▼▼▼

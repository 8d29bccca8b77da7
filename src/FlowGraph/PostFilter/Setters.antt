-- ===== src/FlowGraph/PostFilter/Setters.antt =====
-- The setters. Each assigns its variable, then the blocks' parameters, then calls the setters of the
-- variables that it determines; a division by zero leaves what was done before it.
use gr_digitizers.Prelude.{List, [], ◌∷◌}
use gr_digitizers.Prelude.Result.{ok}
use gr_digitizers.Prelude.Exec.{Exec, pure, lift, modify, ◌>>=◌, ◌>>◌}
use gr_digitizers.FlowGraph.Arith.{Arith}
use gr_digitizers.FlowGraph.PostFilter.{
  Variables, Derived, Blocks, TopBlock, corrected, period, weight,
}

module _ {V : Type 0} where
  abbrev pub assign : (Variables V → Variables V) → Exec (TopBlock V) (Unit {0})
  assign f = modify (λ s. record s { vars = f s.vars })

  abbrev pub assign_derived : (Derived V → Derived V) → Exec (TopBlock V) (Unit {0})
  assign_derived f = modify (λ s. record s { derived = f s.derived })

  abbrev pub configure : (Blocks V → Blocks V) → Exec (TopBlock V) (Unit {0})
  configure f = modify (λ s. record s { blocks = f s.blocks })

  abbrev pub self : Exec (TopBlock V) (TopBlock V)
  self s = (ok s, s)

module _ {V : Type 0} (N : Arith V) where
  unfoldable pub set_alpha_low : V → Exec (TopBlock V) (Unit {0})
  set_alpha_low v = do
    assign_derived (λ d. record d { alpha_low = v })
    configure (λ b. record b { single_pole_iir_filter_xx_0_1 = v })

  unfoldable pub set_alpha : V → Exec (TopBlock V) (Unit {0})
  set_alpha v = do
    assign_derived (λ d. record d { alpha = v })
    configure (λ b. record b { single_pole_iir_filter_xx_0_0 = v; single_pole_iir_filter_xx_0 = v })

  abbrev pub update_alpha_low : Exec (TopBlock V) (Unit {0})
  update_alpha_low = do
    s ← self
    v ← lift (weight N s.derived.two_pi s.derived.ts s.vars.freq_min)
    set_alpha_low v

  abbrev pub update_alpha : Exec (TopBlock V) (Unit {0})
  update_alpha = do
    s ← self
    v ← lift (weight N s.derived.two_pi s.derived.ts s.derived.freq_max_corr)
    set_alpha v

  unfoldable pub set_freq_max_corr : V → Exec (TopBlock V) (Unit {0})
  unfolding set_alpha
  set_freq_max_corr v = do assign_derived (λ d. record d { freq_max_corr = v }); update_alpha

  unfoldable pub set_ts : V → Exec (TopBlock V) (Unit {0})
  unfolding set_alpha_low set_alpha
  set_ts v = do assign_derived (λ d. record d { ts = v }); update_alpha_low; update_alpha

  unfoldable pub set_two_pi : V → Exec (TopBlock V) (Unit {0})
  unfolding set_alpha_low set_alpha
  set_two_pi v = do assign_derived (λ d. record d { two_pi = v }); update_alpha_low; update_alpha

  abbrev pub update_freq_max_corr : Exec (TopBlock V) (Unit {0})
  update_freq_max_corr = do
    s ← self
    v ← lift (corrected N s.vars.freq_max s.vars.sqrt2)
    set_freq_max_corr v

  unfoldable pub set_sqrt2 : V → Exec (TopBlock V) (Unit {0})
  unfolding set_freq_max_corr
  set_sqrt2 v = do assign (λ r. record r { sqrt2 = v }); update_freq_max_corr

  unfoldable pub set_freq_max : V → Exec (TopBlock V) (Unit {0})
  unfolding set_freq_max_corr
  set_freq_max v = do assign (λ r. record r { freq_max = v }); update_freq_max_corr

  unfoldable pub set_pi : V → Exec (TopBlock V) (Unit {0})
  unfolding set_two_pi
  set_pi v = do assign (λ r. record r { pi = v }); set_two_pi (N.mul (N.num 2) v)

  unfoldable pub set_freq_min : V → Exec (TopBlock V) (Unit {0})
  unfolding set_alpha_low
  set_freq_min v = do assign (λ r. record r { freq_min = v }); update_alpha_low

  abbrev pub update_range : Exec (TopBlock V) (Unit {0})
  update_range = do
    s ← self
    v ← lift (N.div s.vars.samp_rate s.vars.decimate)
    configure (λ b. record b { freq_sink_x_0_0 = v })

  unfoldable pub set_samp_rate : V → Exec (TopBlock V) (Unit {0})
  unfolding set_ts
  set_samp_rate v = do
    assign (λ r. record r { samp_rate = v })
    configure (λ b. record b { time_sink_rate = v })
    update_range
    configure (λ b. record b {
      freq_sink_x_0 = v;
      throttle = v;
      sig_source_x_0_0 = v;
      sig_source_x_0 = v;
    })
    ts ← lift (period N v)
    set_ts ts

  unfoldable pub set_decimate : V → Exec (TopBlock V) (Unit {0})
  set_decimate v = do
    assign (λ r. record r { decimate = v })
    update_range
    configure (λ b. record b { keep_one_in_n_0_0 = v; keep_one_in_n_0 = v })

-- A call of a setter of a variable that no other determines. The other setters are called by these.
pub data Call (V : Type 0) : Type 0 where
  sqrt2 samp_rate freq_max pi freq_min decimate : V → Call V

abbrev pub assigned : {V : Type 0} → Call V → Variables V → Variables V
assigned (sqrt2 v) r = record r { sqrt2 = v }
assigned (samp_rate v) r = record r { samp_rate = v }
assigned (freq_max v) r = record r { freq_max = v }
assigned (pi v) r = record r { pi = v }
assigned (freq_min v) r = record r { freq_min = v }
assigned (decimate v) r = record r { decimate = v }

abbrev pub all_assigned : {V : Type 0} → List (Call V) → Variables V → Variables V
all_assigned [] r = r
all_assigned (c ∷ cs) r = all_assigned cs (assigned c r)

module _ {V : Type 0} (N : Arith V) where
  unfoldable pub call : Call V → Exec (TopBlock V) (Unit {0})
  unfolding set_sqrt2 set_samp_rate set_freq_max set_pi set_freq_min set_decimate
  call (sqrt2 v) = set_sqrt2 N v
  call (samp_rate v) = set_samp_rate N v
  call (freq_max v) = set_freq_max N v
  call (pi v) = set_pi N v
  call (freq_min v) = set_freq_min N v
  call (decimate v) = set_decimate N v

  unfoldable pub calls : List (Call V) → Exec (TopBlock V) (Unit {0})
  unfolding call
  calls [] = pure tt
  calls (c ∷ cs) = do call c; calls cs
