-- ===== src/FlowGraph/PostFilter/Steps.antt =====
-- What holds after the parts that the setters share, if it holds after the assignments they make.
use gr_digitizers.Prelude.{◌≡◌}
use gr_digitizers.Prelude.Result.{ok}
use gr_digitizers.Prelude.Exec.{lift, ◌>>=◌, ◌>>◌}
use gr_digitizers.FlowGraph.Arith.{Arith, After, lift-After, lift_bind-After}
use gr_digitizers.FlowGraph.PostFilter.{Blocks, TopBlock, corrected, period, weight}
use gr_digitizers.FlowGraph.PostFilter.Setters.{
  set_alpha_low, set_alpha, set_freq_max_corr, set_ts, update_alpha, update_alpha_low,
  update_freq_max_corr, update_range, configure,
}

module _ {V : Type 0} (N : Arith V) where
  abbrev pub with_alpha : V → TopBlock V → TopBlock V
  with_alpha y s = record s {
    derived = record s.derived { alpha = y };
    blocks = record s.blocks { single_pole_iir_filter_xx_0_0 = y; single_pole_iir_filter_xx_0 = y };
  }

  abbrev pub with_low : V → TopBlock V → TopBlock V
  with_low x s = record s {
    derived = record s.derived { alpha_low = x };
    blocks = record s.blocks { single_pole_iir_filter_xx_0_1 = x };
  }

  abbrev pub with_corr : V → TopBlock V → TopBlock V
  with_corr x s = record s { derived = record s.derived { freq_max_corr = x } }

  abbrev pub with_ts : V → TopBlock V → TopBlock V
  with_ts x s = record s { derived = record s.derived { ts = x } }

  abbrev pub with_two_pi : V → TopBlock V → TopBlock V
  with_two_pi x s = record s { derived = record s.derived { two_pi = x } }

  abbrev pub with_range : V → TopBlock V → TopBlock V
  with_range x s = record s { blocks = record s.blocks { freq_sink_x_0_0 = x } }

  abbrev pub rates : V → Blocks V → Blocks V
  rates v b = record b { freq_sink_x_0 = v; throttle = v; sig_source_x_0_0 = v; sig_source_x_0 = v }

  abbrev pub with_rates : V → TopBlock V → TopBlock V
  with_rates v s = record s { blocks = rates v s.blocks }

  -- The weights that belong to a state.
  abbrev pub Low : V → TopBlock V → Type 0
  Low x s = weight N s.derived.two_pi s.derived.ts s.vars.freq_min ≡ ok x

  abbrev pub Alpha : V → TopBlock V → Type 0
  Alpha y s = weight N s.derived.two_pi s.derived.ts s.derived.freq_max_corr ≡ ok y

  module _ (P : TopBlock V → Type 0) where
    pub update_alpha-After :
        (s : TopBlock V) → ((y : V) → Alpha y s → P (with_alpha y s)) → After P (update_alpha N s)
    unfolding set_alpha
    update_alpha-After s h =
        lift-After P (weight N s.derived.two_pi s.derived.ts s.derived.freq_max_corr) (set_alpha N)
          s h

    pub update_both-After :
        (s : TopBlock V)
        → ((x y : V) → Low x s → Alpha y s → P (with_alpha y (with_low x s)))
        → After P ((update_alpha_low N >> update_alpha N) s)
    unfolding set_alpha_low
    update_both-After s h =
        lift_bind-After P (weight N s.derived.two_pi s.derived.ts s.vars.freq_min) (set_alpha_low N)
          (λ _. update_alpha N) s λ x e. update_alpha-After (with_low x s) λ y f. h x y e f

    pub update_freq_max_corr-After :
        (s : TopBlock V)
        → ((x y : V)
            → corrected N s.vars.freq_max s.vars.sqrt2 ≡ ok x
            → Alpha y (with_corr x s)
            → P (with_alpha y (with_corr x s)))
        → After P (update_freq_max_corr N s)
    unfolding set_freq_max_corr
    update_freq_max_corr-After s h =
        lift-After P (corrected N s.vars.freq_max s.vars.sqrt2) (set_freq_max_corr N) s
          λ x e. update_alpha-After (with_corr x s) λ y f. h x y e f

    -- `set_samp_rate` after its own assignments.
    pub samp_rate-After :
        (s : TopBlock V) (v : V)
        → ((q ts x y : V)
            → N.div s.vars.samp_rate s.vars.decimate ≡ ok q
            → period N v ≡ ok ts
            → Low x (with_ts ts s)
            → Alpha y (with_ts ts s)
            → P (with_alpha y (with_low x (with_ts ts (with_rates v (with_range q s))))))
        → After P ((update_range N >> (configure (rates v) >> (lift (period N v) >>= set_ts N))) s)
    unfolding set_ts
    samp_rate-After s v h =
        lift_bind-After P (N.div s.vars.samp_rate s.vars.decimate)
          (λ q. configure (λ b. record b { freq_sink_x_0_0 = q }))
          (λ _. configure (rates v) >> (lift (period N v) >>= set_ts N)) s
          λ q e0. lift-After P (period N v) (set_ts N) (with_rates v (with_range q s)) λ ts e1.
            update_both-After (with_ts ts (with_rates v (with_range q s)))
              λ x y e f. h q ts x y e0 e1 e f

▲▲▲

Above are some lines. Repeat exactly, and only, those from the line that has "v ← lift (N.div" through the line that has "keep_one_in_n_0_0 = v;".

## Completed task
    v ← lift (N.div s.vars.samp_rate s.vars.decimate)
    configure (λ b. record b { freq_sink_x_0_0 = v })

  unfoldable pub set_samp_rate : V → Exec (TopBlock V) (Unit {0})
  unfolding set_ts
  set_samp_rate v = do
    assign (λ r. record r { samp_rate = v })
    configure (λ b. record b { time_sink_rate = v })
    update_range
    configure (λ b. record b {
      freq_sink_x_0 = v;
      throttle = v;
      sig_source_x_0_0 = v;
      sig_source_x_0 = v;
    })
    ts ← lift (period N v)
    set_ts ts

  unfoldable pub set_decimate : V → Exec (TopBlock V) (Unit {0})
  set_decimate v = do
    assign (λ r. record r { decimate = v })
    update_range
    configure (λ b. record b { keep_one_in_n_0_0 = v; keep_one_in_n_0 = v })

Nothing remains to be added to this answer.